:: Task to carry out ::
Below is a listing; restate from it, character for character, the lines beginning at the line holding "unissued = λ" and ending at the line holding "s.current ≡ some q", both included.

==================================================

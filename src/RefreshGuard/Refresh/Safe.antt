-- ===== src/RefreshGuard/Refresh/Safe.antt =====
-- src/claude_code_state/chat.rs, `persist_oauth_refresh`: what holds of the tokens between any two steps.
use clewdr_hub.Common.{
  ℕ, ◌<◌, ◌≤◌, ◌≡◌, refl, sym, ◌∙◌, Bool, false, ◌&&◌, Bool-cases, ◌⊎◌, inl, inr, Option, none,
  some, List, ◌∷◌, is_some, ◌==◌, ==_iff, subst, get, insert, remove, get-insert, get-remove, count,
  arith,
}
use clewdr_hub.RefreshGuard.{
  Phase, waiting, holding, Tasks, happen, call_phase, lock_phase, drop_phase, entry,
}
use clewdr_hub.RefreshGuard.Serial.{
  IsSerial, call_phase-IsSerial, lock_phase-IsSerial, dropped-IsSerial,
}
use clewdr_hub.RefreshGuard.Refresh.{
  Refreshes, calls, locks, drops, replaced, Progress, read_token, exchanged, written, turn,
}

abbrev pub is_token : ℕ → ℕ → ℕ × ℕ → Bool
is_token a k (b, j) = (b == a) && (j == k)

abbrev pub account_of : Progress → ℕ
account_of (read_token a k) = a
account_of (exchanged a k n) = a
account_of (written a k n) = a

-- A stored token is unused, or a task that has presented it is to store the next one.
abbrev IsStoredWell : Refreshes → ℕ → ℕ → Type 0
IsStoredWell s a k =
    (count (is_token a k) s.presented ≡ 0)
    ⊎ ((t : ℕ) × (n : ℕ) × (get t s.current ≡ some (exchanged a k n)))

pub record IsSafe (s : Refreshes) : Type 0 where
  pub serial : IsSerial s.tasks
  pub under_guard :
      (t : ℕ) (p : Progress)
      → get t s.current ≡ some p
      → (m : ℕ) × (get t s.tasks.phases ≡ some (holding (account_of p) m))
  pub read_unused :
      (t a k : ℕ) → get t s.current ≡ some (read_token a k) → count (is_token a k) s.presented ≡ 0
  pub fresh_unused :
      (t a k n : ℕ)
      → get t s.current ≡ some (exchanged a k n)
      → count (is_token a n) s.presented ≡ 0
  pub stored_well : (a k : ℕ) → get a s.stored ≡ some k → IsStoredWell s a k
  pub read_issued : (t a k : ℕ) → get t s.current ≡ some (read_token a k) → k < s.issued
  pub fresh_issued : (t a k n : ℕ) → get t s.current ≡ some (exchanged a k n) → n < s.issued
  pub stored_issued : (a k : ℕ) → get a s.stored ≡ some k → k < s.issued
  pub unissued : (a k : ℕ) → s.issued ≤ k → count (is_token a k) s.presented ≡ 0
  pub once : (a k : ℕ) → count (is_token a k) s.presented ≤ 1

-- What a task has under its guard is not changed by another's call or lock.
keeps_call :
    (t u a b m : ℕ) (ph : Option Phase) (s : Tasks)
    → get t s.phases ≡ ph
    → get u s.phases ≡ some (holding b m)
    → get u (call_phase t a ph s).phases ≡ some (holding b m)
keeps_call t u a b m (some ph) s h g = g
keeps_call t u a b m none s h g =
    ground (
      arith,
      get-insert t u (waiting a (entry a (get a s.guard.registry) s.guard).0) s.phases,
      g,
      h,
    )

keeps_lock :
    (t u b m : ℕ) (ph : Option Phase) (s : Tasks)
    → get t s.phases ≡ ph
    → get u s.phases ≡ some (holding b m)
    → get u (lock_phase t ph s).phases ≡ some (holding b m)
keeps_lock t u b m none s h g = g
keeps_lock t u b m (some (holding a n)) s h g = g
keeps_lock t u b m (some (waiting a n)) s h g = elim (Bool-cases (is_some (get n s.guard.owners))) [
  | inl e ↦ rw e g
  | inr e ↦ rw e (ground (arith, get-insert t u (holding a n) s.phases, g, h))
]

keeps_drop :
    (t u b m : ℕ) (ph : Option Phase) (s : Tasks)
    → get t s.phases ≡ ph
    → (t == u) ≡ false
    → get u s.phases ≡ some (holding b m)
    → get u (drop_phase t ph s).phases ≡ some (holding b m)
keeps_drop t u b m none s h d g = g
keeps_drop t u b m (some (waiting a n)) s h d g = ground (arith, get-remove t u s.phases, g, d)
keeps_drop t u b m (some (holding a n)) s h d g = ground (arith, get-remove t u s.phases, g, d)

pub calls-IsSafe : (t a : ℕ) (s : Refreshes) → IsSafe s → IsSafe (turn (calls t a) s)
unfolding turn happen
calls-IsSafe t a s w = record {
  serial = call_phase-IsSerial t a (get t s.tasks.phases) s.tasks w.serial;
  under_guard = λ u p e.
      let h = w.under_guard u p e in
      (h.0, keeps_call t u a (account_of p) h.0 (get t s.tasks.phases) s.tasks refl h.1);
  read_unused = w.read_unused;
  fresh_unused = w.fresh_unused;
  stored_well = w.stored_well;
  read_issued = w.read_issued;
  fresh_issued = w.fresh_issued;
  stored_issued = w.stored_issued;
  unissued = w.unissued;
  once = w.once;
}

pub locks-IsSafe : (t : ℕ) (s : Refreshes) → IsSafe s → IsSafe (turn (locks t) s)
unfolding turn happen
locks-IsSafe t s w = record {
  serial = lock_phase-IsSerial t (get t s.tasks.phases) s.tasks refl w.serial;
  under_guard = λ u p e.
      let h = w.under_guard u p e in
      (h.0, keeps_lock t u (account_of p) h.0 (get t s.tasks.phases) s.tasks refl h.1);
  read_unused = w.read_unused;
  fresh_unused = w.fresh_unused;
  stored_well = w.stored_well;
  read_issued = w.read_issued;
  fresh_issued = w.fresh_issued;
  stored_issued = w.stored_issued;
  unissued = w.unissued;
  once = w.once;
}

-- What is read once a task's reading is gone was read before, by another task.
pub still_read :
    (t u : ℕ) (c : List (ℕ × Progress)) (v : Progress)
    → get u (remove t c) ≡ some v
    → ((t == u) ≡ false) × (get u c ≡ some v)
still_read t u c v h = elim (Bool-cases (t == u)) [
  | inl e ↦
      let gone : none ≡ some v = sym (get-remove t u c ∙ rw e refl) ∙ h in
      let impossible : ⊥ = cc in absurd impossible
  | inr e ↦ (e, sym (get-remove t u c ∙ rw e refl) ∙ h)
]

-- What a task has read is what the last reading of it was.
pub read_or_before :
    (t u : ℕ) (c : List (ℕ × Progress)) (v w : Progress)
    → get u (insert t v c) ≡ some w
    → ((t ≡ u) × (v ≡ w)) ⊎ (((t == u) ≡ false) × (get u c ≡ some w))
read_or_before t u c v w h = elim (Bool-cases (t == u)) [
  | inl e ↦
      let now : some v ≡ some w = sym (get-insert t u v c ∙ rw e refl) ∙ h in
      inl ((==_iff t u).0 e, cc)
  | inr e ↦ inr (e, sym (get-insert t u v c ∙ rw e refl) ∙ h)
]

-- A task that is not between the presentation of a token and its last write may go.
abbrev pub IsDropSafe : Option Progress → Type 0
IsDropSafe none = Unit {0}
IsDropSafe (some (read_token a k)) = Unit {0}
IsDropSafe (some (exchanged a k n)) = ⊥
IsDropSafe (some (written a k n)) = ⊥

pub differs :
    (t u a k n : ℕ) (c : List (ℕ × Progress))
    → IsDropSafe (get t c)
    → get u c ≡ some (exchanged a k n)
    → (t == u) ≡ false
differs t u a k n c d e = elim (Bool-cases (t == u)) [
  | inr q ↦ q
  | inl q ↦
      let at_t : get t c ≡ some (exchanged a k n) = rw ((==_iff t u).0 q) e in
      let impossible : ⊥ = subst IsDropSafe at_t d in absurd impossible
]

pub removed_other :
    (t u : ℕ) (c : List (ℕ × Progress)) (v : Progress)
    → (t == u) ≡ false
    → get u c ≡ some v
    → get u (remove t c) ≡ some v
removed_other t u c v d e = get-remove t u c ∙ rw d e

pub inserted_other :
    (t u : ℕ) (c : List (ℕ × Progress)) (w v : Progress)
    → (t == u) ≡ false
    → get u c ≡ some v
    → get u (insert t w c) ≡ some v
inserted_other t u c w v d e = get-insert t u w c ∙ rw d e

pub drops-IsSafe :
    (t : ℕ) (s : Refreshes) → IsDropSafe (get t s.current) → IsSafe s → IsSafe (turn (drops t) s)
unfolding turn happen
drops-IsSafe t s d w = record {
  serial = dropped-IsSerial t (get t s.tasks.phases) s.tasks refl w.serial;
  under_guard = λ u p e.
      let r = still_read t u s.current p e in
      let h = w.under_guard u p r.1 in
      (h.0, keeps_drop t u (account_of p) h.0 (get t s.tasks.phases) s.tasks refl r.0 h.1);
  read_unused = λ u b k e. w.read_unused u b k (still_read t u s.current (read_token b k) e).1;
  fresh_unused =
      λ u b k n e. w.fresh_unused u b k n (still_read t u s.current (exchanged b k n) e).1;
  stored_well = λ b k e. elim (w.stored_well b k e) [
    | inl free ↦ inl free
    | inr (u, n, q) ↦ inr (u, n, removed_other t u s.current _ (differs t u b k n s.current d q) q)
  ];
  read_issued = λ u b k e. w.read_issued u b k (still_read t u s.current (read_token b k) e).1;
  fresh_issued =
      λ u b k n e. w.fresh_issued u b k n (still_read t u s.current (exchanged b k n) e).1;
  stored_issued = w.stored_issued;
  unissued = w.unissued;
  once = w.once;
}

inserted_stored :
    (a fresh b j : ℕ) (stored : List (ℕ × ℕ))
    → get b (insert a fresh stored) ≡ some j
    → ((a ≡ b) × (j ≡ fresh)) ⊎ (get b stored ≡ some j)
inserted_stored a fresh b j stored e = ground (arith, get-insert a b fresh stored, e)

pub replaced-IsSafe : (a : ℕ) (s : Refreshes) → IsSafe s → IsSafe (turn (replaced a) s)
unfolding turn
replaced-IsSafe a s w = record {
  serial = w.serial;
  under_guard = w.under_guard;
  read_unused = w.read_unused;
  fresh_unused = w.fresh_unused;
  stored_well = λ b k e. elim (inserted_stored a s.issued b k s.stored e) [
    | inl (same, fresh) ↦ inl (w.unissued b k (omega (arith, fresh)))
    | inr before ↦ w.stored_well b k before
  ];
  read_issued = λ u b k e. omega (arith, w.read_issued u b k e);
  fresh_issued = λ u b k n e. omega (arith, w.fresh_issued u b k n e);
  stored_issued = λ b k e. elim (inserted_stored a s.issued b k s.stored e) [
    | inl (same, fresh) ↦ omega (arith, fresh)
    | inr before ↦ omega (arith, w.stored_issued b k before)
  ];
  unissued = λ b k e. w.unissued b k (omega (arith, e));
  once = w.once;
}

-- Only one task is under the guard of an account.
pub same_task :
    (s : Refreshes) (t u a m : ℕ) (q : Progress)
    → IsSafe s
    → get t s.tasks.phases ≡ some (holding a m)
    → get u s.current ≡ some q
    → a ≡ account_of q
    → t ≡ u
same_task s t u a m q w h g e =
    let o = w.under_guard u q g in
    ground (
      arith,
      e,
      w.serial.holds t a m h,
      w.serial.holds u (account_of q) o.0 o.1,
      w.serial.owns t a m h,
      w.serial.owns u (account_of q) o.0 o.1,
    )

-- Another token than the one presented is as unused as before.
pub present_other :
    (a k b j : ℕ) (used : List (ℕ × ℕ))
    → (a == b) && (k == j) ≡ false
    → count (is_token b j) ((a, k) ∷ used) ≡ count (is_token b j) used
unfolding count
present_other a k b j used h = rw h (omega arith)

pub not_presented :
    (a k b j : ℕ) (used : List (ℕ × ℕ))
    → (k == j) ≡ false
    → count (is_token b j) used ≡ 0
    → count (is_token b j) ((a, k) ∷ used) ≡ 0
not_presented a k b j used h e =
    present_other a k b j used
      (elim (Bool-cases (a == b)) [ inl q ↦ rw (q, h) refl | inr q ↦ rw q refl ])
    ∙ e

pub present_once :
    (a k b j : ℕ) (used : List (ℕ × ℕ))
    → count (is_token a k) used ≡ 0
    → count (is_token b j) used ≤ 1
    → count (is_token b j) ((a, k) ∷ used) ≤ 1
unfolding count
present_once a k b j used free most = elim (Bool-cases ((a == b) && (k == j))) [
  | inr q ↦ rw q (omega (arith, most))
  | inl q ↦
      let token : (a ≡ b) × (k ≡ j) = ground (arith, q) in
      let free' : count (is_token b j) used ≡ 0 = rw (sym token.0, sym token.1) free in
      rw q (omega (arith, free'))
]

==================================================

:: Reply to the task ::
  unissued = λ b k e. w.unissued b k (omega (arith, e));
  once = w.once;
}

-- Only one task is under the guard of an account.
pub same_task :
    (s : Refreshes) (t u a m : ℕ) (q : Progress)
    → IsSafe s
    → get t s.tasks.phases ≡ some (holding a m)
    → get u s.current ≡ some q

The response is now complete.